Tag 845: Die Erdöllüge

Die Wanderung durch das gigantische Kohleabbaugebiet ließ uns noch für längere Zeit nicht los und brachte uns wieder auf ein Thema zurück, dass wir uns ohnehin schon lange einmal genauer anschauen wollten. Dass sich in unserer heutigen Welt alles direkt oder indirekt um Öl und Kohle dreht ist ja hinreichend bekannt. Auch dass in diesem Bereich nicht immer alles mit rechten Dingen zugeht und dass wir hier oft für dumm verkauft werden ist kein Geheimnis.
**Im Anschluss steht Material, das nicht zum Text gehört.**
-- ===== src/Shim/Emit.antt =====
-- What the blocks of a turn resolve to at the receiver: crates/shim and crates/receiver together.
use dlr.Prelude.{
  ◌≡◌, refl, sym, subst, ap, ◌∙◌, arith, List, [], ◌∷◌, map, some, true, false, All, length,
  bytes_eq, bytes_key, Bool-cases, inl, inr, ◌⊎◌, nat_eq, append-nil, ◌<◌, All-append,
}
use dlr.Prelude.Results.{ok}
use dlr.Core.Bytes.{Bytes, IsBytes, to_le-IsBytes}
use dlr.Core.Blake3.{Blake3}
use dlr.Core.Block.{
  Block, BlockId, BlockKind, message, tool_call, tool_result, system, summary, to_byte, block_id,
}
use dlr.Core.Canonical.{canonical_bytes, from_canonical_owned}
use dlr.Core.Canonical.Inverse.{canonical_bytes_and_id_lem, from_canonical_owned_lem}
use dlr.Core.Canonical.Laws.{IsBlock, from_canonical-canonical_bytes}
use dlr.Core.Frame.{FrameBlock, inline, ref}
use dlr.Core.Wal.{Disk}
use dlr.Core.Store.{ContentStore, contains, reference}
use dlr.Receiver.{
  Codec, Resolved, resolved_inline, resolved_ref, resolved_id, mem, unpack, resolve_block,
  resolve_blocks, refs_available,
}
use dlr.Receiver.Membership.{contains-insert_with_canonical, contains-reference}
use dlr.Shim.{
  Packer, Filter, SessionShim, Host, is_known, advance, unwrap_or, emit_block, ingest_blocks,
}

to_byte-lt : (k : BlockKind) → to_byte k < 256
unfolding to_byte
to_byte-lt message = omega arith
to_byte-lt tool_call = omega arith
to_byte-lt tool_result = omega arith
to_byte-lt system = omega arith
to_byte-lt summary = omega arith

canonical_bytes-IsBytes : (b : Block) → IsBlock b → IsBytes (canonical_bytes b)
unfolding canonical_bytes to_byte
canonical_bytes-IsBytes b h = (
  to_byte-lt b.kind,
  All-append _ _ _ (to_le-IsBytes 8 b.seq)
      (All-append _ _ _ (to_le-IsBytes 8 (length b.payload)) h.bytes),
)

module _ (packer : Packer) (filter : Filter) (codec : Codec) (blake3 : Blake3) where
  -- The compressor packs the block, and the receiver's unpacks that.
  pub record Packs (c : packer.Compressor) (b : Block) : Type 0 where
    pub valid : IsBlock b
    pub packed : Bytes
    pub packs : packer.compress c (canonical_bytes b) ≡ some packed
    pub unpacks : codec.decompress packed ≡ some (canonical_bytes b)

  pub resolve_packed :
      (c : packer.Compressor) (b : Block)
      → Packs c b
      → resolve_block codec blake3 (
          inline (record b {
            payload = unwrap_or (packer.compress c (canonical_bytes b)) (canonical_bytes b);
          }))
        ≡ ok (resolved_inline (block_id blake3 b) b)
  unfolding resolve_block unpack
  resolve_packed c b p =
      let parsed = rw append-nil at (from_canonical-canonical_bytes b p.valid []) in
      let owned : from_canonical_owned blake3 (canonical_bytes b) ≡ ok (b, block_id blake3 b) =
        from_canonical_owned_lem blake3 (canonical_bytes b) (canonical_bytes-IsBytes b p.valid)
        ∙ rw parsed in
      rw (p.packs, resolve_block, unpack, p.unpacks, owned)

  is_known-contains :
      (id : BlockId) (h : Host packer filter)
      → is_known packer filter id h ≡ true
      → contains h.store id ≡ true
  unfolding is_known
  is_known-contains id h e = ground arith

  -- What the shim's store holds is stored at the receiver, or in front in the frame.
  abbrev pub Covered : ContentStore → ContentStore → List BlockId → Type 0
  Covered shim st available =
      (id : BlockId) → contains shim id ≡ true → (contains st id ≡ true) ⊎ (mem id available ≡ true)

  module _ (disk : Disk) where
    pub record Resolves (blocks : List Block) (h h' : Host packer filter) (fbs : List FrameBlock)
        (st : ContentStore) (available : List BlockId) : Type 0 where
      pub items : List Resolved
      pub resolved : resolve_blocks codec blake3 fbs ≡ ok items
      pub ids : map resolved_id items ≡ map (block_id blake3) blocks
      pub refs : refs_available st available items ≡ true
      pub known :
          (id : BlockId)
          → contains h'.store id ≡ true
          → (contains h.store id ≡ true) ⊎ (mem id (map (block_id blake3) blocks) ≡ true)

    -- The first block of a turn, with its encoding and its id.
    ingest_blocks-cons :
        (b : Block) (bs : List Block) (s : SessionShim packer) (h : Host packer filter)
        → let id = block_id blake3 b in
          let s' = advance packer filter blake3 id s in
          let (h', fb) = emit_block packer filter blake3 disk b (canonical_bytes b) id s' h in
          let (s'', h'', fbs) = ingest_blocks packer filter blake3 disk bs s' h' in
          ingest_blocks packer filter blake3 disk (b ∷ bs) s h ≡ (s'', h'', fb ∷ fbs)
    unfolding ingest_blocks
    ingest_blocks-cons b bs s h = rw ((canonical_bytes_and_id_lem blake3 b).0, ingest_blocks)

    contains-emit :
        (b : Block) (id j : BlockId) (s : SessionShim packer) (h : Host packer filter)
        → contains (emit_block packer filter blake3 disk b (canonical_bytes b) id s h).0.store j
          ≡ true
        → (contains h.store j ≡ true) ⊎ (bytes_eq id j ≡ true)
    unfolding emit_block
    contains-emit b id j s h e = elim (Bool-cases (is_known packer filter id h)) [
      | inl k ↦
          let e' = rw (k, emit_block) at e in
          inl (sym (contains-reference blake3 disk s.session_id h.store j id) ∙ e')
      | inr k ↦
          let e' = rw (k, emit_block) at e in
          let grown =
            contains-insert_with_canonical blake3 disk s.session_id b id j h.store
              (some (canonical_bytes b)) in
          elim (Bool-cases (bytes_eq id j)) [
            | inl same ↦ inr same
            | inr other ↦ inl (ground (arith, grown, e', other))
          ]
    ]

    module _ (b : Block) (bs : List Block) (s : SessionShim packer) (h : Host packer filter) where
      abbrev first_id : BlockId
      first_id = block_id blake3 b

      abbrev then_shim : SessionShim packer
      then_shim = advance packer filter blake3 first_id s

      abbrev emission : Host packer filter × FrameBlock
      emission = emit_block packer filter blake3 disk b (canonical_bytes b) first_id then_shim h

      abbrev ingested :
          Host packer filter → SessionShim packer × Host packer filter × List FrameBlock
      ingested h' = ingest_blocks packer filter blake3 disk bs then_shim h'

      ingest_blocks-emitted :
          (h' : Host packer filter) (fb : FrameBlock)
          → emission ≡ (h', fb)
          → ingest_blocks packer filter blake3 disk (b ∷ bs) s h
            ≡ ((ingested h').0, (ingested h').1, fb ∷ (ingested h').2)
      ingest_blocks-emitted h' fb e =
          ingest_blocks-cons b bs s h
          ∙ ap
              (λ (p : Host packer filter × FrameBlock).
                ((ingested p.0).0, (ingested p.0).1, p.1 ∷ (ingested p.0).2))
              e

      known_emission :
          is_known packer filter first_id h ≡ true
          → emission ≡ (
            record h { store = (reference blake3 disk s.session_id first_id h.store).0 },
            ref first_id,
          )
      unfolding emit_block advance
      known_emission k = rw k

      new_emission :
          Packs s.append_compressor b
          → is_known packer filter first_id h ≡ false
          → resolve_block codec blake3 emission.1 ≡ ok (resolved_inline first_id b)
      unfolding emit_block advance
      new_emission p k = rw k (resolve_packed s.append_compressor b p)

    resolve_blocks-cons :
        (fb : FrameBlock) (fbs : List FrameBlock) (item : Resolved) (items : List Resolved)
        → resolve_block codec blake3 fb ≡ ok item
        → resolve_blocks codec blake3 fbs ≡ ok items
        → resolve_blocks codec blake3 (fb ∷ fbs) ≡ ok (item ∷ items)
    unfolding resolve_blocks
    resolve_blocks-cons fb fbs item items p q = rw (p, resolve_blocks, q)

    resolve_ref : (id : BlockId) → resolve_block codec blake3 (ref id) ≡ ok (resolved_ref id)
    unfolding resolve_block
    resolve_ref id = refl

    mem-here :
        (id j : BlockId) (ids : List BlockId) → bytes_eq id j ≡ true → mem j (id ∷ ids) ≡ true
    unfolding mem
    mem-here id j ids e = rw e

    mem-later : (id j : BlockId) (ids : List BlockId) → mem j ids ≡ true → mem j (id ∷ ids) ≡ true
    unfolding mem
    mem-later id j ids m = ground (arith, m)

    Covered-ref :
        (id : BlockId) (shim st : ContentStore) (available : List BlockId) (items : List Resolved)
        → Covered shim st available
        → contains shim id ≡ true
        → refs_available st available items ≡ true
        → refs_available st available (resolved_ref id ∷ items) ≡ true
    unfolding refs_available
    Covered-ref id shim st available items cov c h = elim (cov id c) [
      | inl e ↦ ground (arith, e, h)
      | inr e ↦ ground (arith, e, h)
    ]

    pub ingest_blocks-Resolves :
        (blocks : List Block) (s : SessionShim packer) (h : Host packer filter) (st : ContentStore)
        (available : List BlockId)
        → All (Packs s.append_compressor) blocks
        → Covered h.store st available
        → let r = ingest_blocks packer filter blake3 disk blocks s h in
          Resolves blocks h r.1 r.2 st available
    unfolding ingest_blocks resolve_blocks refs_available advance resolved_id
    ingest_blocks-Resolves [] s h st available p cov = record {
      items = [];
      resolved = refl;
      ids = refl;
      refs = refl;
      known = λ id c. inl c;
    }
    ingest_blocks-Resolves (b ∷ bs) s h st available p cov =
        let id = block_id blake3 b in
        let s' = advance packer filter blake3 id s in
        elim (Bool-cases (is_known packer filter id h)) [
          | inl k ↦
              let h' : Host packer filter = record h {
                store = (reference blake3 disk s.session_id id h.store).0;
              } in
              let same = contains-reference blake3 disk s.session_id h.store in
              let rest =
                ingest_blocks-Resolves bs s' h' st available p.1
                  (λ j c. cov j (sym (same j id) ∙ c)) in
              subst (λ x. Resolves (b ∷ bs) h x.1 x.2 st available)
                (sym (ingest_blocks-emitted b bs s h h' (ref id) (known_emission b bs s h k)))
                (record {
                  items = resolved_ref id ∷ rest.items;
                  resolved = resolve_blocks-cons _ _ _ _ (resolve_ref id) rest.resolved;
                  ids = rw rest.ids;
                  refs =
                      Covered-ref id h.store st available rest.items cov (is_known-contains id h k)
                        rest.refs;
                  known = λ j c. elim (rest.known j c) [
                    | inl e ↦ inl (sym (same j id) ∙ e)
                    | inr m ↦ inr (mem-later id j _ m)
                  ];
                })
          | inr k ↦
              let (h', fb) = emission b bs s h in
              let rest = ingest_blocks-Resolves bs s' h' st (id ∷ available) p.1 (λ j c.
                elim (contains-emit b id j s' h c) [
                  | inl e ↦ elim (cov j e) [ inl x ↦ inl x | inr m ↦ inr (mem-later id j _ m) ]
                  | inr same ↦ inr (mem-here id j _ same)
                ]) in
              subst (λ x. Resolves (b ∷ bs) h x.1 x.2 st available)
                (sym (ingest_blocks-emitted b bs s h h' fb refl))
                (record {
                  items = resolved_inline id b ∷ rest.items;
                  resolved =
                      resolve_blocks-cons _ _ _ _ (new_emission b bs s h p.0 k) rest.resolved;
                  ids = rw rest.ids;
                  refs = rest.refs;
                  known = λ j c. elim (rest.known j c) [
                    | inr m ↦ inr (mem-later id j _ m)
                    | inl e ↦ elim (contains-emit b id j s' h e) [
                      | inl x ↦ inl x
                      | inr same ↦ inr (mem-here id j _ same)
                    ]
                  ];
                })
        ]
Doch schon lange beschäftigte uns die Frage, wie viel wir eigentlich wirklich über das schwarze Gold wissen und wie viel Unwahrheiten darüber verbreitet werden. Denn eines ist klar, wer heute das Öl und die Kohle kontrolliert, der kontrolliert die Welt. Ein mächtigeres Mittel gibt es zur Zeit nicht.
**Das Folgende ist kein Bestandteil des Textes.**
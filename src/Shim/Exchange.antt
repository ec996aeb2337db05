-- ===== src/Shim/Exchange.antt =====
-- A turn that is sent, handled and acknowledged: crates/shim and crates/receiver together.
use dlr.Prelude.{
  ◌≡◌, refl, sym, subst, ap, ◌∙◌, List, [], ◌∷◌, ◌++◌, map, Bool, true, false, All, length, ◌&&◌,
  bytes_eq, bytes_eq_iff, concat_map, inl, inr, nat_eq, append-nil, append_assoc, map-append,
}
use dlr.Prelude.Results.{Result, ok, err}
use dlr.Core.Blake3.{Blake3}
use dlr.Core.Block.{Block, BlockId, block_id}
use dlr.Core.Frame.{AppendFrame, AckFrame}
use dlr.Core.Merkle.{root_over}
use dlr.Core.Wal.{Disk}
use dlr.Core.Store.{contains, session_root, session_ids}
use dlr.Receiver.{
  Codec, ReceiverError, Receiver, SessionState, session_entry, is_empty, handle_append, resolved_id,
}
use dlr.Receiver.Entries.{session_entry-insert_self}
use dlr.Receiver.Current.{Taken, handle_append-Taken}
use dlr.Shim.{Packer, Filter, SessionShim, Host, ingest_turn, apply_ack}
use dlr.Shim.Roots.{Grown, ingest_blocks-Grown}
use dlr.Shim.Emit.{Packs, Resolves, ingest_blocks-Resolves}

module _ (packer : Packer) (filter : Filter) (codec : Codec) (blake3 : Blake3) (disk : Disk) where
  -- The two ends of a connection.
  pub record Link : Type 0 where
    pub shim : SessionShim packer
    pub host : Host packer filter
    pub receiver : Receiver codec

  -- The answer of the receiver, at the shim; true if it was an ACK that the shim took.
  abbrev pub answered :
      Result ReceiverError AckFrame → SessionShim packer → SessionShim packer × Bool
  answered (ok a) s = apply_ack packer blake3 a.root s
  answered (err e) s = (s, false)

  -- A turn, its frame at the receiver, and the answer at the shim.
  unfoldable pub exchange : List Block → Link → Link × Bool
  exchange blocks l =
      let (s, h, f) = ingest_turn packer filter blake3 disk blocks l.shim l.host in
      let (r, answer) = handle_append codec blake3 disk f l.receiver in
      let (s', took) = answered answer s in (record { shim = s'; host = h; receiver = r }, took)

  unfoldable pub exchanges : List (List Block) → Link → Link × Bool
  exchanges [] l = (l, true)
  exchanges (blocks ∷ turns) l =
      let (l', took) = exchange blocks l in
      let (l'', rest) = exchanges turns l' in (l'', took && rest)

  -- No turn is under way, both ends have the same log, and what the host has stored the receiver has.
  pub record Synced (l : Link) : Type 0 where
    pub base : l.shim.base_root ≡ l.shim.root
    pub root : session_root l.receiver.store l.shim.session_id ≡ l.shim.root
    pub log : session_ids l.receiver.store l.shim.session_id ≡ l.shim.ids
    pub idle : is_empty (session_entry codec l.shim.session_id l.receiver.sessions).pending ≡ true
    pub covered :
        (id : BlockId) → contains l.host.store id ≡ true → contains l.receiver.store id ≡ true

  module _ (blocks : List Block) (l : Link) (synced : Synced l)
      (packs : All (Packs packer filter codec blake3 l.shim.append_compressor) blocks) where
    abbrev pub sent : SessionShim packer × Host packer filter × AppendFrame
    sent = ingest_turn packer filter blake3 disk blocks l.shim l.host

    abbrev ids : List BlockId
    ids = map (block_id blake3) blocks

    sent-Resolves :
        Resolves packer filter codec blake3 disk blocks l.host sent.1 sent.2.blocks l.receiver.store
          []
    unfolding ingest_turn
    sent-Resolves =
        ingest_blocks-Resolves packer filter codec blake3 disk blocks l.shim l.host l.receiver.store
          [] packs (λ id c. inl (synced.covered id c))

    pub sent-Grown : Grown packer filter blake3 disk ids l.shim sent.0
    unfolding ingest_turn
    sent-Grown = ingest_blocks-Grown packer filter blake3 disk blocks l.shim l.host

    pub sent_session : sent.2.session_id ≡ l.shim.session_id
    unfolding ingest_turn
    sent_session = sent-Grown.session

    sent_base : sent.2.base_root ≡ l.shim.root
    unfolding ingest_turn
    sent_base = sent-Grown.base_root ∙ synced.base

    sent_idle : is_empty (session_entry codec sent.2.session_id l.receiver.sessions).pending ≡ true
    sent_idle = rw sent_session synced.idle

    sent-Taken : Taken codec blake3 disk sent.2 l.receiver sent-Resolves.items
    sent-Taken =
        handle_append-Taken codec blake3 disk sent.2 l.receiver sent-Resolves.items
          sent-Resolves.resolved sent-Resolves.refs sent_idle
          (sent_base ∙ sym synced.root ∙ ap (session_root l.receiver.store) (sym sent_session))

    sent_root :
        root_over blake3 sent.2.base_root (map resolved_id sent-Resolves.items) ≡ sent.0.root
    sent_root =
        ap (λ r. root_over blake3 r (map resolved_id sent-Resolves.items)) sent_base
        ∙ ap (root_over blake3 l.shim.root) sent-Resolves.ids
        ∙ sym sent-Grown.root

    apply_ack_current :
        (s : SessionShim packer)
        → apply_ack packer blake3 s.root s
          ≡ (record s { base_root = s.root; base_len = length s.ids }, true)
    unfolding apply_ack
    apply_ack_current s =
        let same : bytes_eq s.root s.root ≡ true = (bytes_eq_iff s.root s.root).1 refl in rw same

    exchange_lem : exchange blocks l ≡ (
      record {
        shim = record (sent.0) { base_root = sent.0.root; base_len = length sent.0.ids };
        host = sent.1;
        receiver = (handle_append codec blake3 disk sent.2 l.receiver).0;
      },
      true,
    )
    unfolding exchange
    exchange_lem = rw (sent-Taken.answer, exchange, sent_root, apply_ack_current)

    -- The link behind the turn.
    abbrev pub behind : Link
    behind = record {
      shim = record (sent.0) { base_root = sent.0.root; base_len = length sent.0.ids };
      host = sent.1;
      receiver = (handle_append codec blake3 disk sent.2 l.receiver).0;
    }

    pub behind_root : session_root behind.receiver.store behind.shim.session_id ≡ behind.shim.root
    behind_root =
        ap (session_root behind.receiver.store) (sent-Grown.session ∙ sym sent_session)
        ∙ sent-Taken.applied.root
        ∙ ap (λ r. root_over blake3 r (map resolved_id sent-Resolves.items))
            (ap (session_root l.receiver.store) sent_session ∙ synced.root ∙ sym sent_base)
        ∙ sent_root

    behind_log : session_ids behind.receiver.store behind.shim.session_id ≡ behind.shim.ids
    behind_log =
        ap (session_ids behind.receiver.store) (sent-Grown.session ∙ sym sent_session)
        ∙ sent-Taken.applied.log
        ∙ ap (λ x. x ++ map resolved_id sent-Resolves.items)
            (ap (session_ids l.receiver.store) sent_session ∙ synced.log)
        ∙ ap (λ x. l.shim.ids ++ x) sent-Resolves.ids
        ∙ sym sent-Grown.log

    pub behind_covered :
        (id : BlockId)
        → contains behind.host.store id ≡ true
        → contains behind.receiver.store id ≡ true
    behind_covered id c = elim (sent-Resolves.known id c) [
      | inl e ↦ sent-Taken.applied.kept id (synced.covered id e)
      | inr m ↦ sent-Taken.applied.stored id (rw sent-Resolves.ids m)
    ]

    pub behind_idle :
        is_empty (session_entry codec behind.shim.session_id behind.receiver.sessions).pending
        ≡ true
    behind_idle =
        ap (λ j. is_empty (session_entry codec j behind.receiver.sessions).pending)
          (sent-Grown.session ∙ sym sent_session)
        ∙ ap (λ m. is_empty (session_entry codec sent.2.session_id m).pending) sent-Taken.sessions
        ∙ ap (λ (st : SessionState codec). is_empty st.pending)
            (session_entry-insert_self codec sent.2.session_id _ l.receiver.sessions)
        ∙ sent_idle

    behind-Synced : Synced behind
    behind-Synced = record {
      base = refl;
      root = behind_root;
      log = behind_log;
      idle = behind_idle;
      covered = behind_covered;
    }

  -- What a turn, or several, have done when they were acknowledged.
  pub record Delivered (blocks : List Block) (l : Link) (result : Link × Bool) : Type 0 where
    pub took : result.1 ≡ true
    pub synced : Synced result.0
    pub session : result.0.shim.session_id ≡ l.shim.session_id
    pub packing : result.0.shim.append_compressor ≡ l.shim.append_compressor
    pub log :
        session_ids result.0.receiver.store l.shim.session_id
        ≡ session_ids l.receiver.store l.shim.session_id ++ map (block_id blake3) blocks

  exchange-Delivered :
      (blocks : List Block) (l : Link)
      → Synced l
      → All (Packs packer filter codec blake3 l.shim.append_compressor) blocks
      → Delivered blocks l (exchange blocks l)
  exchange-Delivered blocks l synced packs =
      let s = behind blocks l synced packs in
      let grown = sent-Grown blocks l synced packs in
      subst (Delivered blocks l) (sym (exchange_lem blocks l synced packs)) (record {
        took = refl;
        synced = behind-Synced blocks l synced packs;
        session = grown.session;
        packing = grown.packing;
        log =
            ap (session_ids s.receiver.store) (sym grown.session)
            ∙ behind_log blocks l synced packs
            ∙ grown.log
            ∙ ap (λ x. x ++ map (block_id blake3) blocks) (sym synced.log);
      })

  -- If both ends are in step, and the compressor packs the blocks of some turns so that the receiver
  -- unpacks them, then the turns, exchanged one after the other, are all acknowledged; both ends are
  -- in step again, and the receiver's log has grown by the ids of all the turns' blocks, in order.
  pub exchanges-Delivered :
      (turns : List (List Block)) (l : Link)
      → Synced l
      → All (All (Packs packer filter codec blake3 l.shim.append_compressor)) turns
      → Delivered (concat_map (λ bs. bs) turns) l (exchanges turns l)
  unfolding exchanges concat_map
  exchanges-Delivered [] l synced packs = record {
    took = refl;
    synced = synced;
    session = refl;
    packing = refl;
    log = sym (append-nil _);
  }
  exchanges-Delivered (blocks ∷ turns) l synced packs =
      let first = exchange-Delivered blocks l synced packs.0 in
      let l' = (exchange blocks l).0 in
      let packs' : All (All (Packs packer filter codec blake3 l'.shim.append_compressor)) turns =
        subst (λ c. All (All (Packs packer filter codec blake3 c)) turns) (sym first.packing)
          packs.1 in
      let rest = exchanges-Delivered turns l' first.synced packs' in
      record {
        took = rw (first.took, rest.took);
        synced = rest.synced;
        session = rest.session ∙ first.session;
        packing = rest.packing ∙ first.packing;
        log =
            ap (session_ids _) (sym first.session)
            ∙ rest.log
            ∙ ap (λ x. x ++ map (block_id blake3) (concat_map (λ bs. bs) turns))
                (ap (session_ids l'.receiver.store) first.session ∙ first.log)
            ∙ rw (append_assoc, map-append);
      }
Auf die ersten Ungereimtheiten kamen wir vor ein paar Jahren eigentlich eher zufällig, als wir und mit ungewöhnlichen Fällen aus dem Bereich der Archäologie beschäftigten. Immer wieder sind wir auf Fälle gestoßen, bei denen von Menschen produzierte Artefakte in Kohlemienen gefunden wurden. Goldketten, verzierte Metalltafeln, Nägel, Krüge und andere Alltagsgegenstände. Die meisten dieser Funde wurden gegen Ende des 19. Jahrhunderts gemacht, doch auch später kamen weitere hinzu, die jedoch meist sehr diskret behandelt wurden. Nach der gängigen Datierungsmethode mussten diese Artefakte Millionen von Jahren alt sein. Sie stammten also aus einer Zeit, in der es eigentlich noch keine Menschen hätte geben dürfen. Jedenfalls nicht, wenn man den Meinungen der Paläontologen glaubt. Das ließ nur zwei Schlussfolgerungen zu. Entweder die Menschheit existierte deutlich länger als angenommen, oder Kohle entsteht viel schneller als behauptet. Vielleicht war sogar beides der Fall. Wir wollten daher herausfinden, aus welcher Zeitperiode der Erde Kohle wirklich stammte und wie sie entstand. Angeblich handelte es sich dabei um abgestorbenes, organisches Material, das unter hohem Druck und über einen sehr langen Zeitraum hinweg in Kohle verwandelt wurde. Bei der Frage, wie plausibel diese Annahme wirklich war, stießen wir auf den zweiten Fossilien Brennstoff, der eine enorme Bedeutung für unsere moderne Zeit hat. Die Rede ist von Erdöl.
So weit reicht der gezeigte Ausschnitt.